Engin Altay vekilimiz, başkanımız burada. Kendilerinin dikkatine de sunmak isterim. Trajik durum. Tabii alışık olduğumuz bir şey. Nedir? Kaymakamlık -karşımızdaki bina- yapılmış. Tam karşımızda. Eski kışla burası. Yapılmış. Denmiş ki, ‘Buraya kaymakamlık yerleşecek, belediye yerleşecek.’ Hatta bir yönetim planı çalışılmış, yönetim planında şuralar belediye denmiş, şuralar kaymakamlık denmiş. 9 bin metrekarenin yaklaşık yüzde 20’si belediyeye verilmiş. Hatta yetinmemişler, bir tarafına Beyoğlu Belediyesi diye tabela da asmışlar. Buraya da Beyoğlu Kaymakamlığı asmışlar ve hizmet başlamış. Ne zaman, 31 Mart’tan hemen önce. Çok yakın zamanda. Güzel. Benim de hoşuma gitti. ‘Ne güzel bina’ dedim yani. Kurumları zan altında bırakmıyorum ama her birini tek tek mercekle takip edeceğim. Sizin de Meclis’te etmeniz gerekir. Başka ilçelerde de var bu arada. Neymiş efendim, ‘Burayı terk edin, bu gece terk edin, haftaya terk edin, bak, en son ayın 1’inde terk edin.’ Niye? Böyle isteniyor. Niye? Kaymakamlık olacak.
"İşte böyle yaparlarsa bir şeyler oluyor, tam 1 milyon fark yiyorsun"
3 ay önce niye belediyeyi yerleştirdin oraya? Yani seçimi kazansaydı diğer arkadaşımız, acaba binanın hepsini mi vereceklerdi ona; ‘Seçimi kazandı, hadi verelim.’ Bunu düşünmeden edemiyoruz yani. Ben diyorum ya, ‘Kimin malını kimden esirgiyorsun? Milletin, ecdadın malı. Şimdi bir şey olmaz. Bir şey olmaz tabii. Çünkü olmadı bir şey. Ha bir şey oldu! Hani ‘Bir şey oldu’ dedi ya bir arkadaşımız 2019’da. ‘Bir şeyler oldu ama bir şeyler olmadı’ falan… Bir şey oldu. İşte böyle yaparlarsa bir şeyler oluyor, tam 1 milyon fark yiyorsun.

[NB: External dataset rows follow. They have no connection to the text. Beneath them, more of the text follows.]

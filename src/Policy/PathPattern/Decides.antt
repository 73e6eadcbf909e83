-- ===== src/Policy/PathPattern/Decides.antt =====
-- `path_matches` decides the relation that docs/policy.md describes in words.
use donkeyspace.Prelude.{
  Bool, true, false, ◌||◌, ◌++◌, none, some, ◌==◌, ==_iff, text_eq, if◌then◌else◌, ◌≡◌, ◌≢◌, refl,
  ◌↔◌, arith, Option-cases, Bool-cases, inl, inr, ◌⊎◌,
}
use donkeyspace.Text.{
  Text, lit, trim_matches, strip_prefix, strip_suffix, starts_with, contains_text, starts_with_iff,
  ends_with_iff, contains_text_iff, strip_prefix_sound, strip_suffix_sound, strip_prefix-append,
  strip_suffix-append,
}
use donkeyspace.Policy.PathPattern.{
  path_matches, trimmed_matches, is_slash, glob_matches, under_directory, under_prefix,
  suffix_matches, prefix_matches,
}

-- `path` is the directory or lies in it.
pub data IsIn (directory path : Text) : Type 0 where
  itself : path ≡ directory → IsIn directory path
  inside : (rest : Text) → path ≡ (directory ++ lit "/") ++ rest → IsIn directory path

-- A whole path component sequence `directory` stands somewhere behind the first slash, with
-- something under it.
abbrev pub IsBelow : Text → Text → Type 0
IsBelow directory path =
    (before : Text) × (after : Text) × (path
      ≡ before ++ ((lit "/" ++ (directory ++ lit "/")) ++ after))

-- How a pattern covers a path, both without the slashes at their ends.
pub data Covers (pattern path : Text) : Type 0 where
  exact : pattern ≡ path → Covers pattern path
  nested :
      (directory : Text)
      → pattern ≡ lit "**/" ++ (directory ++ lit "/**")
      → IsIn directory path ⊎ IsBelow directory path
      → Covers pattern path
  ending :
      (suffix before : Text)
      → pattern ≡ lit "**/" ++ suffix
      → ((rest : Text) → suffix ≢ rest ++ lit "/**")
      → path ≡ before ++ suffix
      → Covers pattern path
  prefixed :
      (prefix : Text)
      → pattern ≡ prefix ++ lit "/**"
      → ((rest : Text) → pattern ≢ lit "**/" ++ rest)
      → IsIn prefix path
      → Covers pattern path

under_prefix_iff : (prefix path : Text) → (under_prefix prefix path ≡ true) ↔ IsIn prefix path
unfolding under_prefix
under_prefix_iff prefix path = (to, from)
  where
    to : (path == prefix || starts_with (prefix ++ lit "/") path) ≡ true → IsIn prefix path
    to h = elim (Bool-cases (path == prefix)) [
      | inl e ↦ IsIn.itself ((==_iff path prefix).0 e)
      | inr e ↦
          let (rest, f) = (starts_with_iff (prefix ++ lit "/") path).0 (ground arith) in
          IsIn.inside rest f
    ]

    from : IsIn prefix path → (path == prefix || starts_with (prefix ++ lit "/") path) ≡ true
    from (IsIn.itself e) = ground (arith, ==_iff path prefix)
    from (IsIn.inside rest e) =
        let h = (starts_with_iff (prefix ++ lit "/") path).1 (rest, e) in ground arith

under_directory_iff :
    (directory path : Text)
    → (under_directory directory path ≡ true) ↔ (IsIn directory path ⊎ IsBelow directory path)
unfolding under_directory under_prefix
under_directory_iff directory path = (to, from)
  where
    inner : Text
    inner = lit "/" ++ (directory ++ lit "/")

    to :
        (path == directory || starts_with (directory ++ lit "/") path || contains_text inner path)
          ≡ true
        → IsIn directory path ⊎ IsBelow directory path
    to h = elim (Bool-cases (under_prefix directory path)) [
      | inl e ↦ inl ((under_prefix_iff directory path).0 e)
      | inr e ↦ inr ((contains_text_iff inner path).0 (ground arith))
    ]

    from :
        IsIn directory path ⊎ IsBelow directory path
        → (path == directory || starts_with (directory ++ lit "/") path || contains_text inner path)
          ≡ true
    from (inl i) = let h = (under_prefix_iff directory path).1 i in ground arith
    from (inr b) = let h = (contains_text_iff inner path).1 b in ground arith

not_stripped : (p s : Text) → strip_suffix p s ≡ none → (rest : Text) → s ≢ rest ++ p
not_stripped p s h rest e =
    let f : strip_suffix p s ≡ some rest = rw e (strip_suffix-append p rest) in absurd (cc)

not_begun : (p s : Text) → strip_prefix p s ≡ none → (rest : Text) → s ≢ p ++ rest
not_begun p s h rest e =
    let f : strip_prefix p s ≡ some rest = rw e (strip_prefix-append p rest) in absurd (cc)

glob_sound :
    (pattern path : Text)
    → glob_matches (strip_prefix (lit "**/") pattern) pattern path ≡ true
    → Covers pattern path
unfolding glob_matches
glob_sound pattern path h = elim (Option-cases (strip_prefix (lit "**/") pattern)) [
  | inr (suffix, e) ↦
      let split = strip_prefix_sound (lit "**/") pattern suffix e in
      elim (Option-cases (strip_suffix (lit "/**") suffix)) [
        | inr (directory, f) ↦
            let back = strip_suffix_sound (lit "/**") suffix directory f in
            Covers.nested directory (rw (← back) split) (
              (under_directory_iff directory path).0 (rw (e, glob_matches, f, suffix_matches) at h))
        | inl f ↦
            let (before, g) =
              (ends_with_iff suffix path).0 (rw (e, glob_matches, f, suffix_matches) at h) in
            Covers.ending suffix before split (not_stripped _ suffix f) g
      ]
  | inl e ↦ elim (Option-cases (strip_suffix (lit "/**") pattern)) [
    | inr (prefix, f) ↦
        Covers.prefixed prefix (strip_suffix_sound (lit "/**") pattern prefix f)
          (not_begun _ pattern e)
          ((under_prefix_iff prefix path).0 (rw (e, glob_matches, f, prefix_matches) at h))
    | inl f ↦ absurd (cc (rw (e, glob_matches, f, prefix_matches) at h))
  ]
]

ending_none : (p s : Text) → ((rest : Text) → s ≢ rest ++ p) → strip_suffix p s ≡ none
ending_none p s h = elim (Option-cases (strip_suffix p s)) [
  | inl e ↦ e
  | inr (rest, e) ↦ absurd (h rest (strip_suffix_sound p s rest e))
]

beginning_none : (p s : Text) → ((rest : Text) → s ≢ p ++ rest) → strip_prefix p s ≡ none
beginning_none p s h = elim (Option-cases (strip_prefix p s)) [
  | inl e ↦ e
  | inr (rest, e) ↦ absurd (h rest (strip_prefix_sound p s rest e))
]

or_true : (b : Bool) → (if b then true else true) ≡ true
or_true true = refl
or_true false = refl

trimmed_complete : (pattern path : Text) → Covers pattern path → trimmed_matches pattern path ≡ true
unfolding trimmed_matches
trimmed_complete pattern path (Covers.exact e) = rw ((==_iff pattern path).1 e)
trimmed_complete pattern path (Covers.nested d e i) =
    rw
      (
        e,
        strip_prefix-append (lit "**/") (d ++ lit "/**"),
        glob_matches,
        strip_suffix-append (lit "/**") d,
        suffix_matches,
        (under_directory_iff d path).1 i,
      )
      (or_true _)
trimmed_complete pattern path (Covers.ending s before e n f) =
    rw
      (
        e,
        strip_prefix-append (lit "**/") s,
        glob_matches,
        ending_none _ s n,
        suffix_matches,
        (ends_with_iff s path).1 (before, f),
      )
      (or_true _)
trimmed_complete pattern path (Covers.prefixed prefix e n i) =
    rw
      (
        beginning_none _ pattern n,
        glob_matches,
        (let f : strip_suffix (lit "/**") pattern ≡ some prefix =
              rw e (strip_suffix-append (lit "/**") prefix) in
            f),
        prefix_matches,
        (under_prefix_iff prefix path).1 i,
      )
      (or_true _)

trimmed_sound : (pattern path : Text) → trimmed_matches pattern path ≡ true → Covers pattern path
unfolding trimmed_matches
trimmed_sound pattern path h = elim (Bool-cases (pattern == path)) [
  | inl e ↦ Covers.exact ((==_iff pattern path).0 e)
  | inr e ↦ glob_sound pattern path (rw e at h)
]

-- `path_matches` accepts a changed file exactly if its pattern covers it, the slashes at the ends
-- of both left aside: by equality, as a prefix in front of a final `/**`, as a directory at any
-- depth between `**/` and `/**`, or as the end of the path behind a leading `**/`.
pub path_matches_iff :
    (pattern path : Text)
    → (path_matches pattern path ≡ true)
      ↔ Covers (trim_matches is_slash pattern) (trim_matches is_slash path)
unfolding path_matches
path_matches_iff pattern path = (trimmed_sound _ _, trimmed_complete _ _)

Hayır, ben anlamıyorum, siyaset yapma aklını niye yitirdiler? Yani siyaset aklını yitirirken şunu unutuyorlar: Bizim milletin vicdanını ve ahlâk anlayışını unutuyorlar. Bizim millet, adaleti, vicdanı asla terk etmez zihninde. Birine haksızlık yapıyorsa birisi asla zalimin yanında durmaz. Asla zulmü kabul etmez. Bunu unutuyorlar. Arkadaş, nerede yaşıyorsun? Burası Türkiye, burası İstanbul. Onun için, buradan sesleniyorum. Gelin, bu akıldan vazgeçin kardeşim. Zannetmeyin afişe etmeyiz sizi. Söyleriz, her yerde milletimize şikâyet ederiz.
Bana zamanında yaptığımız camiye imam vermeyen görevli kişi, her yerde diyormuş ki birilerine, ‘Ya demesin beni, daha çok sefil oldum. Millet hep yüzüme vuruyor, demesin’ diye. Vallahi öyle bir şikâyet ederim ki, milletimize milletin yüzüne bakamazsınız. Ayıptır. Bin 600 metre yere ihtiyacınız varsa gelin, konuşalım. Büyükşehir Belediyesi’nin var mı bir yeri? Vallahi helali hoş olsun, kaymakama da valiye de bakana da. Sorun yok, milletin malı milletin hizmetinde. Esas olan onu korumak, kollamak.”